This NFL season, if you watch a Thursday Night Football game on Amazon Prime Video, you’re likely to see all sorts of new on-screen stuff. If a team finds itself in a late-game drive with everything on the line, you might see a graphic telling you whether the team should go for it on fourth down. When the quarterback snaps the ball, the broadcast might automatically highlight the most open receivers down the field. And as the team marches down the field, you might see lines on the field not just showing a kicker’s field goal range but the exact spot from which he’s more than 50 percent likely to nail the game-winner.

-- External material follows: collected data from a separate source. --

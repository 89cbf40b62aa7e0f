-- ===== src/Mangle.antt =====
-- c/demangle.c: mangling of module paths and demangling of symbols, over the contents of the
-- strings that the functions build, where `str_concat` is `++`, and with the strings themselves.
pub mod Decimal
pub mod Demangle
pub mod Built
mod Builds
mod PathBuilds
pub mod Paths
pub mod RoundTrip
mod Fuel
mod Runs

For its second season as the official broadcast partner of Thursday Night Football, Amazon is leaning on AI tools and machine learning in a big way. Last year, its primary goal was to simply do a good broadcast — no buffering, no crappy halftime shows, no awkwardness between the announcers. It largely succeeded, and even the audience numbers were better than most people expected for a streaming-only football broadcast. Now, with a year of experience and plenty of confidence, the company is looking for ways to move past just showing the game.
The main thing Amazon heard from viewers, says Sam Schwartzstein, the company’s analytics expert for Thursday Night Football, was that they wanted to feel more involved with how teams play the game. “Their favorite thing is not the big hits, not the athletic plays, it’s the strategy,” Schwartzstein says. Amazon’s definitely still focused on big hits and athletic plays. There’s now an automatically generated highlight feed for every game so you can catch up, like watching one of those “last week on” montages in a TV show, but it’s also trying to bring people into the tiny nuances of football, too.

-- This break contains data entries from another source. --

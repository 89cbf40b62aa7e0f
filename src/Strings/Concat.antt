-- ===== src/Strings/Concat.antt =====
-- c/ystring.c: `str_concat` on the contents of strings, and the byte that it ends them with.
use yruntime.Base.{
  ℕ, ◌+◌, ◌%◌, ◌^◌, ◌≤◌, ◌<◌, ◌≡◌, ◌⊎◌, refl, ap, sym, ◌∙◌, List, [], ◌∷◌, ◌++◌, append_assoc,
  append-nil, none, some, true, ltb, leb, if◌then◌else◌, ◌>>=◌, drop, length, length-append,
  length-drop, take-append_length, le→leb, le→ltb_false, Bool-cases, inl, inr, arith,
}
use yruntime.Utf.Code.{write_bytes}
use yruntime.Utf.Arrays.{write_bytes-append}
use yruntime.Strings.Code.{YString, read_bytes, grown_capacity, str_grow, str_concat}

-- A string that shows a text and owns so many bytes as its capacity says.
pub record Text (y : YString) (s : List ℕ) : Type 0 where
  pub spare : List ℕ
  pub bytes : y.data' ≡ s ++ spare
  pub size : y.len ≡ length s
  pub room : length y.data' ≡ y.capacity

pub read_bytes-Text : (y : YString) (s : List ℕ) → Text y s → read_bytes y.data' y.len ≡ some s
unfolding read_bytes
read_bytes-Text y s t =
    let inside : leb (length s) (length (s ++ t.spare)) ≡ true =
      le→leb _ _ (omega (arith, length-append s t.spare)) in
    rw (read_bytes, t.bytes, t.size, inside) (ap some (take-append_length s t.spare))

grown_capacity-bounds :
    (len min : ℕ) → len < 2 ^ 62 → (len ≤ grown_capacity len min) × (min ≤ grown_capacity len min)
grown_capacity-bounds len min h = (ground arith, ground arith)

-- The NUL goes one byte behind the place that follows the text.
write_nul-inside :
    (text spare : List ℕ)
    → length text + 1 < length (text ++ spare)
    → (spare' : List ℕ) × (write_bytes (text ++ spare) (length text + 1) (0 ∷ [])
        ≡ some (text ++ spare'))
      × (length (text ++ spare') ≡ length (text ++ spare))
write_nul-inside text [] h = absurd (omega (arith, ap length (append-nil text)))
write_nul-inside text (x ∷ []) h = absurd (omega (arith, length-append text (x ∷ [])))
write_nul-inside text (x ∷ y ∷ rest) h =
    let place : length text + 1 ≡ length (text ++ x ∷ []) =
      omega (arith, length-append text (x ∷ [])) in
    let regroup = sym (append_assoc text (x ∷ []) (y ∷ rest)) in
    (
      x ∷ 0 ∷ rest,
      rw (place, regroup)
          (write_bytes-append (0 ∷ []) (text ++ x ∷ []) (y ∷ rest) (omega arith)
            ∙ ap some (append_assoc text (x ∷ []) (0 ∷ rest))),
      omega (arith, length-append text (x ∷ y ∷ rest), length-append text (x ∷ 0 ∷ rest)),
    )

write_nul-outside :
    (buffer : List ℕ) (min : ℕ) → length buffer ≤ min → write_bytes buffer min (0 ∷ []) ≡ none
unfolding write_bytes
write_nul-outside buffer min h = rw (le→ltb_false _ _ h) refl

-- The capacity of the block that `str_concat` writes to.
abbrev pub concat_capacity : YString → List ℕ → List ℕ → ℕ
concat_capacity left s t =
    let min = length s + length t + 1 in
    if ltb left.capacity min then grown_capacity (length s) min else left.capacity

module _ (gc_malloc : ℕ → List ℕ) (gc_malloc-size : (n : ℕ) → length (gc_malloc n) ≡ n) where
  str_grow-Text :
      (y : YString) (s : List ℕ) (min : ℕ)
      → Text y s
      → length s < 2 ^ 62
      → (g : YString) × (str_grow gc_malloc y min ≡ some g)
        × Text g s
        × (g.capacity ≡ grown_capacity (length s) min)
  unfolding str_grow
  str_grow-Text y s min t small =
      let cap = grown_capacity (length s) min in
      let block = gc_malloc cap in
      let fits : length s ≤ length block =
        omega (arith, (grown_capacity-bounds (length s) min small).0, gc_malloc-size cap) in
      let written = write_bytes-append s [] block fits in
      let same : y.len ≡ length s = t.size in
      (
        record { data' = s ++ drop (length s) block; len = length s; capacity = cap },
        rw (read_bytes-Text y s t, same, written) refl,
        record {
          spare = drop (length s) block;
          bytes = refl;
          size = refl;
          room = omega (
            arith,
            length-append s (drop (length s) block),
            length-drop (length s) block,
            gc_malloc-size cap,
          );
        },
        refl,
      )

  -- What `str_concat` does behind the growth, on a left operand with room for the result.
  concat_behind :
      (g right : YString) (s t : List ℕ)
      → Text g s
      → Text right t
      → length s + length t < g.capacity
      → (spare : List ℕ) × (read_bytes right.data' right.len ≡ some t)
        × (write_bytes g.data' g.len t ≡ some ((s ++ t) ++ spare))
        × (length ((s ++ t) ++ spare) ≡ g.capacity)
  concat_behind g right s t tg tr fits =
      let rest = drop (length t) tg.spare in
      let size = length-append s tg.spare in
      let whole : length (s ++ tg.spare) ≡ g.capacity = sym (ap length tg.bytes) ∙ tg.room in
      let copied = write_bytes-append t s tg.spare (omega arith) in
      (
        rest,
        read_bytes-Text right t tr,
        rw (tg.bytes, tg.size) (copied ∙ ap some (sym (append_assoc s t rest))),
        omega (
          arith,
          length-append s t,
          length-append (s ++ t) rest,
          length-drop (length t) tg.spare,
        ),
      )

  concat_left :
      (left : YString) (s t : List ℕ)
      → Text left s
      → length s + length t < 2 ^ 61
      → (g : YString) × ((if ltb left.capacity (length s + length t + 1)
            then str_grow gc_malloc left (length s + length t + 1)
            else some left)
          ≡ some g)
        × Text g s
        × (g.capacity ≡ concat_capacity left s t)
        × (length s + length t < g.capacity)
  concat_left left s t tl small = elim (Bool-cases (ltb left.capacity (length s + length t + 1))) [
    | inl short ↦
        let min = length s + length t + 1 in
        let (g, grown, tg, cap) = str_grow-Text left s min tl (omega arith) in
        let bounds = grown_capacity-bounds (length s) min (omega arith) in
        (g, rw (short, grown) refl, tg, rw short cap, omega (arith, bounds.1))
    | inr long ↦ (left, rw long refl, tl, rw long refl, ground arith)
  ]

-- `str_concat` from the outcome of its steps.
str_concat_steps :
    (gc_malloc : ℕ → List ℕ) (left right g : YString) (text copied : List ℕ) (min : ℕ)
    → ((left.len + right.len) % 2 ^ 64 + 1) % 2 ^ 64 ≡ min
    → (if ltb left.capacity min then str_grow gc_malloc left min else some left) ≡ some g
    → read_bytes right.data' right.len ≡ some text
    → write_bytes g.data' g.len text ≡ some copied
    → str_concat gc_malloc left right ≡ (
        write_bytes copied min (0 ∷ []) >>= λ ended.
        some (record { data' = ended; len = (g.len + right.len) % 2 ^ 64; capacity = g.capacity }))
unfolding str_concat
str_concat_steps gc_malloc left right g text copied min minimum grown read written =
    rw (str_concat, minimum, grown, read, written) refl

-- With blocks of the size that is asked for, and texts of fewer than 2^61 bytes together, there are
-- two cases: the block of `str_concat` has two bytes more than the texts at least, and it gives a
-- string of that block that shows the two texts, one behind the other; or the block has one byte
-- more than they, and it writes the final NUL behind the end of the block.
pub str_concat-Text :
    (gc_malloc : ℕ → List ℕ) (left right : YString) (s t : List ℕ)
    → ((n : ℕ) → length (gc_malloc n) ≡ n)
    → Text left s
    → Text right t
    → length s + length t < 2 ^ 61
    → ((length s + length t + 1 < concat_capacity left s t)
        × ((y : YString) × (str_concat gc_malloc left right ≡ some y)
            × (y.capacity ≡ concat_capacity left s t)
            × Text y (s ++ t)))
      ⊎ ((concat_capacity left s t ≡ length s + length t + 1)
          × (str_concat gc_malloc left right ≡ none))
str_concat-Text gc_malloc left right s t size tl tr small =
    let (g, grown, tg, cap, fits) = concat_left gc_malloc size left s t tl small in
    let (spare, read, copied, whole) = concat_behind gc_malloc size g right s t tg tr fits in
    let both = length-append s t in
    let minimum : ((left.len + right.len) % 2 ^ 64 + 1) % 2 ^ 64 ≡ length s + length t + 1 =
      omega (arith, tl.size, tr.size) in
    let place : length s + length t + 1 ≡ length (s ++ t) + 1 = omega arith in
    let steps =
      str_concat_steps gc_malloc left right g t ((s ++ t) ++ spare) (length s + length t + 1)
        minimum grown read copied in
    elim (Bool-cases (ltb (length s + length t + 1) g.capacity)) [
      | inl wide ↦
          let room : length s + length t + 1 < g.capacity = ground arith in
          let (spare', ended, whole') = write_nul-inside (s ++ t) spare (omega arith) in
          let ended' = ap (λ n. write_bytes ((s ++ t) ++ spare) n (0 ∷ [])) place ∙ ended in
          inl (
            omega arith,
            (
              record {
                data' = (s ++ t) ++ spare';
                len = (g.len + right.len) % 2 ^ 64;
                capacity = g.capacity;
              },
              steps ∙ rw ended' refl,
              cap,
              record {
                spare = spare';
                bytes = refl;
                size = omega (arith, tg.size, tr.size);
                room = whole' ∙ whole;
              },
            ),
          )
      | inr tight ↦
          let full : g.capacity ≤ length s + length t + 1 = ground arith in
          let outside =
            write_nul-outside ((s ++ t) ++ spare) (length s + length t + 1) (omega arith) in
          inr (omega arith, steps ∙ rw outside refl)
    ]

The main thing Amazon heard from viewers was that they wanted to feel more involved with how teams play the game
The Defensive Alerts feature is a good example. Amazon trained a machine learning model on 35,000 plays from the last few seasons in order to teach it to automatically suss out whether a defender is likely to blitz on any given play. Where they line up, how they move before the snap, their body language — all that stuff matters, and it’s the kind of thing quarterbacks and coaches spend countless hours poring over in film study so they can see it coming on game day. Now, when you’re watching a game, the Thursday Night Football stream might highlight the player who’s just about to take off. “What [the broadcast] is doing is saying, now you can watch the defense the same way the quarterback does,” Schwartzstein says.

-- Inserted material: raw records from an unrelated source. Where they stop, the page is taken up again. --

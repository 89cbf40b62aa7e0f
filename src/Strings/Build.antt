-- ===== src/Strings/Build.antt =====
-- c/ystring.c: the strings that are made from C strings and from what `snprintf` prints, and what
-- a sequence of calls builds.
use yruntime.Base.{
  ℕ, drop-all, append-nil, ◌<◌, ◌≤◌, ◌≡◌, refl, sym, drop, length-drop, List, [], ◌∷◌, ◌++◌,
  append_assoc, append-nil, Option, none, some, ◌>>=◌, length, length-append, c_string, arith,
}
use yruntime.Utf.Code.{write_bytes}
use yruntime.Utf.Arrays.{write_bytes-append}
use yruntime.Strings.Code.{
  YString, grown_capacity, str_grow, str_concat, str_create_len, str_copy_len, str_empty, str_fit,
  read_bytes,
}
use yruntime.Strings.Concat.{Text, read_bytes-Text}

-- `none` is a pointer that is NULL. Of a C string, the bytes in front of its NUL can be used.
abbrev pub str_create : Option (List ℕ) → YString
str_create none = record { data' = []; len = 0; capacity = 0 }
str_create (some data') = str_create_len (c_string data') (length (c_string data'))

module _ (gc_malloc : ℕ → List ℕ) where
  abbrev pub str_concat_c_str : YString → Option (List ℕ) → Option YString
  str_concat_c_str left data' = str_concat gc_malloc left (str_create data')

  abbrev pub str_copy : List ℕ → Option YString
  str_copy data' = str_copy_len gc_malloc data' (length (c_string data'))

  -- What `str_from_int`, `str_from_char` and `str_from_ptr` do with the text that `snprintf` gives.
  unfoldable pub str_printed : List ℕ → Option YString
  str_printed text = do
    ret ← str_grow gc_malloc str_empty (length text)
    block ← write_bytes ret.data' 0 (text ++ 0 ∷ [])
    some (record { data' = block; len = length text; capacity = ret.capacity })

  abbrev pub str_from_char : ℕ → Option YString
  str_from_char value = str_printed (value ∷ [])

  -- `sprintf_p` is the text of a pointer in the format `%p`.
  abbrev pub str_from_ptr : (ℕ → List ℕ) → ℕ → Option YString
  str_from_ptr sprintf_p value = str_printed (sprintf_p value)

  -- One call of `str_concat_c_str` behind the other, as `demangle_symbol` and the stack trace do.
  unfoldable pub concat_c_strs : YString → List (List ℕ) → Option YString
  concat_c_strs left [] = some left
  concat_c_strs left (data' ∷ rest) = do
    left' ← str_concat_c_str left (some data')
    concat_c_strs left' rest

unfoldable pub joined_texts : List (List ℕ) → List ℕ
joined_texts [] = []
joined_texts (data' ∷ rest) = c_string data' ++ joined_texts rest

pub str_empty-Text : Text str_empty []
str_empty-Text = record { spare = []; bytes = refl; size = refl; room = refl }

pub str_create_len-Text : (text : List ℕ) → Text (str_create_len text (length text)) text
str_create_len-Text text = record {
  spare = [];
  bytes = sym (append-nil text);
  size = refl;
  room = refl;
}

-- With blocks of the size that is asked for: a printed text of fewer than 100 bytes is the text of
-- the string that is made from it.
pub str_printed-Text :
    (gc_malloc : ℕ → List ℕ) (text : List ℕ)
    → ((n : ℕ) → length (gc_malloc n) ≡ n)
    → length text < 100
    → (y : YString) × (str_printed gc_malloc text ≡ some y) × Text y text
unfolding str_printed str_grow read_bytes write_bytes
str_printed-Text gc_malloc text size small =
    let block : grown_capacity 0 (length text) ≡ 100 = ground arith in
    let ended = length-append text (0 ∷ []) in
    let rest = drop (length (text ++ 0 ∷ [])) (gc_malloc 100) in
    let fits : length (text ++ 0 ∷ []) ≤ length (gc_malloc 100) = omega (arith, size 100) in
    let written = write_bytes-append (text ++ 0 ∷ []) [] (gc_malloc 100) fits in
    (
      record { data' = (text ++ 0 ∷ []) ++ rest; len = length text; capacity = 100 },
      rw (block, written) refl,
      record {
        spare = 0 ∷ rest;
        bytes = append_assoc text (0 ∷ []) rest;
        size = refl;
        room = omega (
          arith,
          length-append (text ++ 0 ∷ []) rest,
          length-drop (length (text ++ 0 ∷ [])) (gc_malloc 100),
          size 100,
        );
      },
    )

-- With blocks of the size that is asked for: `str_fit` gives a string whose block holds the text
-- and nothing behind it.
pub str_fit-Text :
    (gc_malloc : ℕ → List ℕ) (y : YString) (text : List ℕ)
    → ((n : ℕ) → length (gc_malloc n) ≡ n)
    → Text y text
    → str_fit gc_malloc y ≡ some (str_create_len text (length text))
unfolding str_copy_len
str_fit-Text gc_malloc y text size shown =
    let block = gc_malloc (length text) in
    let room : length text ≤ length block = omega (arith, size (length text)) in
    let written = write_bytes-append text [] block room in
    let nothing = drop-all (length text) block (omega (arith, size (length text))) in
    let same : y.len ≡ length text = shown.size in
    rw (read_bytes-Text y text shown, same, written, nothing, append-nil text) refl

AI is at the heart of a lot of Amazon’s new ideas. The fourth-down metric, Schwartzstein says, comes from a model that understands which players are on the field, who’s coaching, the situation, and more. If you put the best 11 players in the world on a team, I ask him, would the model tell them to go for it every time? He says probably not; it’s still a risk. “But if you put a middle school team on the other side of the field, it would.” From replays to field-goal percentages, a huge amount of the broadcast will come from these models.
All of this data will be in Amazon’s “Prime Vision” stream of the game, which is a secondary broadcast designed for the data-hungry fan. That’s clearly where the company is focusing most of its efforts. But the beauty of streaming is that there can be more than one way to watch a game; Amazon’s default broadcast is still going to be a fairly straightforward football show. It’s also bringing back the Dude Perfect dudes and the Uninterrupted crew to do their own broadcasts. “I think the goal is going to be to adapt to fan preferences over time,” says Jared Stacy, Amazon’s director of live sports production. “Hopefully we develop some technology and features inside of Prime Vision that wind up making sense to deploy in the main broadcast, but the main thing is just serving the fan in the best way possible.”
The other thing you’re likely to see a bit more of on this year’s version of Thursday Night Football is… Amazon. For the first-ever Black Friday game (which is as perfect an Amazon cross-promo event as you’re ever going to find), the company is planning to go all out with shopping integrations and is looking for every possible way to integrate football with other Amazon products.
“There’s a chance to really build a new tradition with the league,” Stacy says. “What can we do with music? What can we do with food? What can we do with shopping?” He emphasizes that it’s just one game, on one day, and that commentator Al Michaels is not going to start talking to Alexa or offering shopping advice during games anytime soon. But there’s obviously plenty more integration to come.
You’ll also potentially be able to see everything just a little bit better: Amazon’s streaming its games in HDR for the first time. “It’s going to be probably the most broadly distributed HDR feed,” Stacy says, “given that we’re not constrained by broadcast affiliates or set-top boxes.” If your TV supports HDR, you’ll get TNF in HDR, says Stacy. Alas, you won’t get 4K. When I ask Stacy about this, he doesn’t quite answer. “Yeah, you know, we think HDR has the biggest impact on fans, and it’s most noticeable to the most number of people.”
Football isn’t the only sport Amazon streams, and many of the things it’s building for TNF will show up for Premier League games and others. But NFL football is the most expensive and most important piece of content in the US, and Amazon knows it. In its second full season broadcasting games, it’s going to keep trying to do the job better — and to see what else it can do with the full power and breadth of Amazon behind it. From AI to Whole Foods to The Lord of The Rings, that road is long, and Amazon is still only at the very beginning.